## Work request
In full and without change, retype the records.

++++ Extracted records

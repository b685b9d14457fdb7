-- ===== src/TrainingController/Restore/Replaced.antt =====
-- `updateJobWithCheckpoint`: what one call may write.
use spot_instance_training_o.Base.{
  ◌≡◌, refl, ◌⊎◌, inl, inr, true, String, none, some, List, [], ◌∷◌, map, decimal_ℤ, Bool-cases,
}
use spot_instance_training_o.Api.Meta.{ObjectMeta, Labels, label, set_label, has_label}
use spot_instance_training_o.Api.Training.{SpotInstanceJob}
use spot_instance_training_o.Api.Kube.{Job}
use spot_instance_training_o.Cluster.Errors.{Error, Result, ok, err, Result-cases}
use spot_instance_training_o.Cluster.Events.{Trace, job_created, job_deleted}
use spot_instance_training_o.Cluster.Prog.{World, ◌>>=◌}
use spot_instance_training_o.Cluster.Env.{Env}
use spot_instance_training_o.Cluster.Hoare.{
  Yields, Delivers, Ensures-pure, Ensures-act, Ensures-bind, Ensures-branch, Keeps-then, Keeps-ask,
}
use spot_instance_training_o.TrainingController.Names.{job_replica_label, is_updated}
use spot_instance_training_o.TrainingController.Jobs.Attempts.{OwnerLaw}
use spot_instance_training_o.TrainingController.Restore.{
  Fields, with_image, image_map, registry_url, index_of, restored_job, choose_node, create_restored,
  replace_job, update_job_with_checkpoint,
}

-- The new job is the old one's replica with the checkpoint's images.
pub record Restores (images : Labels) (old new : Job) : Type 0 where
  pub replica : label job_replica_label new.meta.labels ≡ some (decimal_ℤ (index_of old))
  pub marked : is_updated new ≡ true
  pub pod_replica :
      label job_replica_label new.spec.template.labels ≡ some (decimal_ℤ (index_of old))
  pub containers :
      new.spec.template.containers ≡ map (with_image images) old.spec.template.containers
  pub annotations : new.spec.template.annotations ≡ old.spec.template.annotations
  pub fresh_selector : new.spec.selector ≡ none

restored_job-Restores :
    (sj : SpotInstanceJob) (name : String) (old : Job) (images : Labels) (node : String)
    (m' : ObjectMeta)
    → m'.labels ≡ (restored_job sj name old images node).meta.labels
    → m'.annotations ≡ (restored_job sj name old images node).meta.annotations
    → Restores images old (record (restored_job sj name old images node) { meta = m' })
unfolding restored_job label set_label has_label
restored_job-Restores sj name old images node m' kept noted = record {
  marked = rw noted refl;
  replica = rw kept refl;
  pod_replica = refl;
  containers = refl;
  annotations = refl;
  fresh_selector = refl;
}

-- What one call may leave behind: nothing new; the old job's deletion and an error; or that deletion,
-- accepted, and then the creation of its replacement.
abbrev pub Replaces : Labels → Job → Trace → Result (Unit {0}) → Trace → Type 0
Replaces images old before r t =
    (t ≡ before)
    ⊎ ((answer : Result (Unit {0})) × (e : Error) × (t ≡ job_deleted old answer ∷ before)
        × (r ≡ err e))
    ⊎ ((new : Job) × (answer : Result Job) × (t
          ≡ job_created new answer ∷ job_deleted old (ok tt) ∷ before)
        × Restores images old new)

module _ {C S W : Type 0} (env : Env C S W) (law : OwnerLaw env.util) (sj : SpotInstanceJob)
    (name : String) (images : Labels) (job : Job) (before : Trace) where
  create_restored-Replaces :
      (node : String)
      → Delivers
          (λ t. t ≡ job_deleted job (ok tt) ∷ before)
          (create_restored env sj name (restored_job sj name job images node))
          (Replaces images job before)
  unfolding create_restored
  create_restored-Replaces node =
      let fresh = restored_job sj name job images node in
      elim (Result-cases (env.util.set_controller_reference sj.meta fresh.meta)) [
        | inr (e, refused) ↦
            rw (create_restored, refused) (Ensures-pure _ (λ t h. inr (inl (ok tt, _, h, refl))))
        | inl (m', owned) ↦
            rw (create_restored, owned)
              (Ensures-bind
                {Q = λ a t.
                  (new : Job) × (answer : Result Job) × (t
                    ≡ job_created new answer ∷ job_deleted job (ok tt) ∷ before)
                  × Restores images job new}
                (Ensures-act _ _ (λ a t h. (
                  _,
                  a,
                  rw h refl,
                  restored_job-Restores sj name job images node m'
                      (law.labels sj.meta fresh.meta m' owned)
                      (law.annotations sj.meta fresh.meta m' owned),
                )))
                elim [
                  | ok made ↦ Ensures-pure _ (λ t h. inr (inr h))
                  | err e ↦
                      Ensures-branch
                        (λ _. Keeps-then (Keeps-ask _) (λ _. Ensures-pure _ (λ t h. inr (inr h))))
                        (λ _. Ensures-pure _ (λ t h. inr (inr h)))
                ])
      ]

  replace_job-Replaces :
      Delivers (λ t. t ≡ before) (replace_job env sj name images job) (Replaces images job before)
  unfolding replace_job
  replace_job-Replaces =
      Ensures-bind {Q = λ a t. t ≡ job_deleted job a ∷ before}
        (Ensures-act _ _ (λ a t h. rw h refl))
        elim [
          | err e ↦ Ensures-pure _ (λ t h. inr (inl (err e, _, h, refl)))
          | ok _ ↦ Keeps-then (Keeps-ask _) (λ instances.
              elim (Result-cases (choose_node (index_of job) instances)) [
                | inr (e, none_ready) ↦
                    rw none_ready (Ensures-pure _ (λ t h. inr (inl (ok tt, e, h, refl))))
                | inl (node, chosen) ↦ rw chosen (create_restored-Replaces node)
              ])
        ]

-- If setting the owner reference leaves labels and annotations alone and the job `old` is found under the name, the
-- call returns. It writes nothing; or it asks for the deletion of `old` and returns an error; or it asks
-- for that deletion, which is accepted, and then for one new job: of the replica of `old`, in the labels
-- of the job and of its pods, with the pod annotations of `old`, no selector, and its containers, where
-- each that the checkpoint names has the checkpoint's image in the registry of the repository. The new
-- job is marked as updated.
pub update_job_with_checkpoint-Replaces :
    {C S W : Type 0} (env : Env C S W) (sj : SpotInstanceJob) (name : String)
    (containers : List Fields) (w : World W) (old : Job) (s : W)
    → OwnerLaw env.util
    → env.client.get_job sj.meta.namespace name w.state ≡ (ok old, s)
    → Yields (update_job_with_checkpoint env sj name containers w) (
        Replaces
          (image_map (registry_url sj.spec.checkpoint_config.checkpoint_image_repo) containers [])
          old
          w.trace)
unfolding update_job_with_checkpoint ◌>>=◌
update_job_with_checkpoint-Replaces env sj name containers w old s law found =
    elim (Bool-cases (is_updated old)) [
      | inl marked ↦ rw (found, marked) (inl refl)
      | inr fresh ↦
          rw (found, fresh)
            ((replace_job-Replaces env law sj name _ old w.trace).at (record w { state = s }) refl)
    ]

++++++++

## Task answer
repository b685b9d14457fdb7
-- ===== src/TrainingController/Restore/Replaced.antt =====
-- `updateJobWithCheckpoint`: what one call may write.
use spot_instance_training_o.Base.{
  ◌≡◌, refl, ◌⊎◌, inl, inr, true, String, none, some, List, [], ◌∷◌, map, decimal_ℤ, Bool-cases,
}
use spot_instance_training_o.Api.Meta.{ObjectMeta, Labels, label, set_label, has_label}
use spot_instance_training_o.Api.Training.{SpotInstanceJob}
use spot_instance_training_o.Api.Kube.{Job}
use spot_instance_training_o.Cluster.Errors.{Error, Result, ok, err, Result-cases}
use spot_instance_training_o.Cluster.Events.{Trace, job_created, job_deleted}
use spot_instance_training_o.Cluster.Prog.{World, ◌>>=◌}
use spot_instance_training_o.Cluster.Env.{Env}
use spot_instance_training_o.Cluster.Hoare.{
  Yields, Delivers, Ensures-pure, Ensures-act, Ensures-bind, Ensures-branch, Keeps-then, Keeps-ask,
}
use spot_instance_training_o.TrainingController.Names.{job_replica_label, is_updated}
use spot_instance_training_o.TrainingController.Jobs.Attempts.{OwnerLaw}
use spot_instance_training_o.TrainingController.Restore.{
  Fields, with_image, image_map, registry_url, index_of, restored_job, choose_node, create_restored,
  replace_job, update_job_with_checkpoint,
}

-- The new job is the old one's replica with the checkpoint's images.
pub record Restores (images : Labels) (old new : Job) : Type 0 where
  pub replica : label job_replica_label new.meta.labels ≡ some (decimal_ℤ (index_of old))
  pub marked : is_updated new ≡ true
  pub pod_replica :
      label job_replica_label new.spec.template.labels ≡ some (decimal_ℤ (index_of old))
  pub containers :
      new.spec.template.containers ≡ map (with_image images) old.spec.template.containers
  pub annotations : new.spec.template.annotations ≡ old.spec.template.annotations
  pub fresh_selector : new.spec.selector ≡ none

restored_job-Restores :
    (sj : SpotInstanceJob) (name : String) (old : Job) (images : Labels) (node : String)
    (m' : ObjectMeta)
    → m'.labels ≡ (restored_job sj name old images node).meta.labels
    → m'.annotations ≡ (restored_job sj name old images node).meta.annotations
    → Restores images old (record (restored_job sj name old images node) { meta = m' })
unfolding restored_job label set_label has_label
restored_job-Restores sj name old images node m' kept noted = record {
  marked = rw noted refl;
  replica = rw kept refl;
  pod_replica = refl;
  containers = refl;
  annotations = refl;
  fresh_selector = refl;
}

-- What one call may leave behind: nothing new; the old job's deletion and an error; or that deletion,
-- accepted, and then the creation of its replacement.
abbrev pub Replaces : Labels → Job → Trace → Result (Unit {0}) → Trace → Type 0
Replaces images old before r t =
    (t ≡ before)
    ⊎ ((answer : Result (Unit {0})) × (e : Error) × (t ≡ job_deleted old answer ∷ before)
        × (r ≡ err e))
    ⊎ ((new : Job) × (answer : Result Job) × (t
          ≡ job_created new answer ∷ job_deleted old (ok tt) ∷ before)
        × Restores images old new)

module _ {C S W : Type 0} (env : Env C S W) (law : OwnerLaw env.util) (sj : SpotInstanceJob)
    (name : String) (images : Labels) (job : Job) (before : Trace) where
  create_restored-Replaces :
      (node : String)
      → Delivers
          (λ t. t ≡ job_deleted job (ok tt) ∷ before)
          (create_restored env sj name (restored_job sj name job images node))
          (Replaces images job before)
  unfolding create_restored
  create_restored-Replaces node =
      let fresh = restored_job sj name job images node in
      elim (Result-cases (env.util.set_controller_reference sj.meta fresh.meta)) [
        | inr (e, refused) ↦
            rw (create_restored, refused) (Ensures-pure _ (λ t h. inr (inl (ok tt, _, h, refl))))
        | inl (m', owned) ↦
            rw (create_restored, owned)
              (Ensures-bind
                {Q = λ a t.
                  (new : Job) × (answer : Result Job) × (t
                    ≡ job_created new answer ∷ job_deleted job (ok tt) ∷ before)
                  × Restores images job new}
                (Ensures-act _ _ (λ a t h. (
                  _,
                  a,
                  rw h refl,
                  restored_job-Restores sj name job images node m'
                      (law.labels sj.meta fresh.meta m' owned)
                      (law.annotations sj.meta fresh.meta m' owned),
                )))
                elim [
                  | ok made ↦ Ensures-pure _ (λ t h. inr (inr h))
                  | err e ↦
                      Ensures-branch
                        (λ _. Keeps-then (Keeps-ask _) (λ _. Ensures-pure _ (λ t h. inr (inr h))))
                        (λ _. Ensures-pure _ (λ t h. inr (inr h)))
                ])
      ]

  replace_job-Replaces :
      Delivers (λ t. t ≡ before) (replace_job env sj name images job) (Replaces images job before)
  unfolding replace_job
  replace_job-Replaces =
      Ensures-bind {Q = λ a t. t ≡ job_deleted job a ∷ before}
        (Ensures-act _ _ (λ a t h. rw h refl))
        elim [
          | err e ↦ Ensures-pure _ (λ t h. inr (inl (err e, _, h, refl)))
          | ok _ ↦ Keeps-then (Keeps-ask _) (λ instances.
              elim (Result-cases (choose_node (index_of job) instances)) [
                | inr (e, none_ready) ↦
                    rw none_ready (Ensures-pure _ (λ t h. inr (inl (ok tt, e, h, refl))))
                | inl (node, chosen) ↦ rw chosen (create_restored-Replaces node)
              ])
        ]

-- If setting the owner reference leaves labels and annotations alone and the job `old` is found under the name, the
-- call returns. It writes nothing; or it asks for the deletion of `old` and returns an error; or it asks
-- for that deletion, which is accepted, and then for one new job: of the replica of `old`, in the labels
-- of the job and of its pods, with the pod annotations of `old`, no selector, and its containers, where
-- each that the checkpoint names has the checkpoint's image in the registry of the repository. The new
-- job is marked as updated.
pub update_job_with_checkpoint-Replaces :
    {C S W : Type 0} (env : Env C S W) (sj : SpotInstanceJob) (name : String)
    (containers : List Fields) (w : World W) (old : Job) (s : W)
    → OwnerLaw env.util
    → env.client.get_job sj.meta.namespace name w.state ≡ (ok old, s)
    → Yields (update_job_with_checkpoint env sj name containers w) (
        Replaces
          (image_map (registry_url sj.spec.checkpoint_config.checkpoint_image_repo) containers [])
          old
          w.trace)
unfolding update_job_with_checkpoint ◌>>=◌
update_job_with_checkpoint-Replaces env sj name containers w old s law found =
    elim (Bool-cases (is_updated old)) [
      | inl marked ↦ rw (found, marked) (inl refl)
      | inr fresh ↦
          rw (found, fresh)
            ((replace_job-Replaces env law sj name _ old w.trace).at (record w { state = s }) refl)
    ]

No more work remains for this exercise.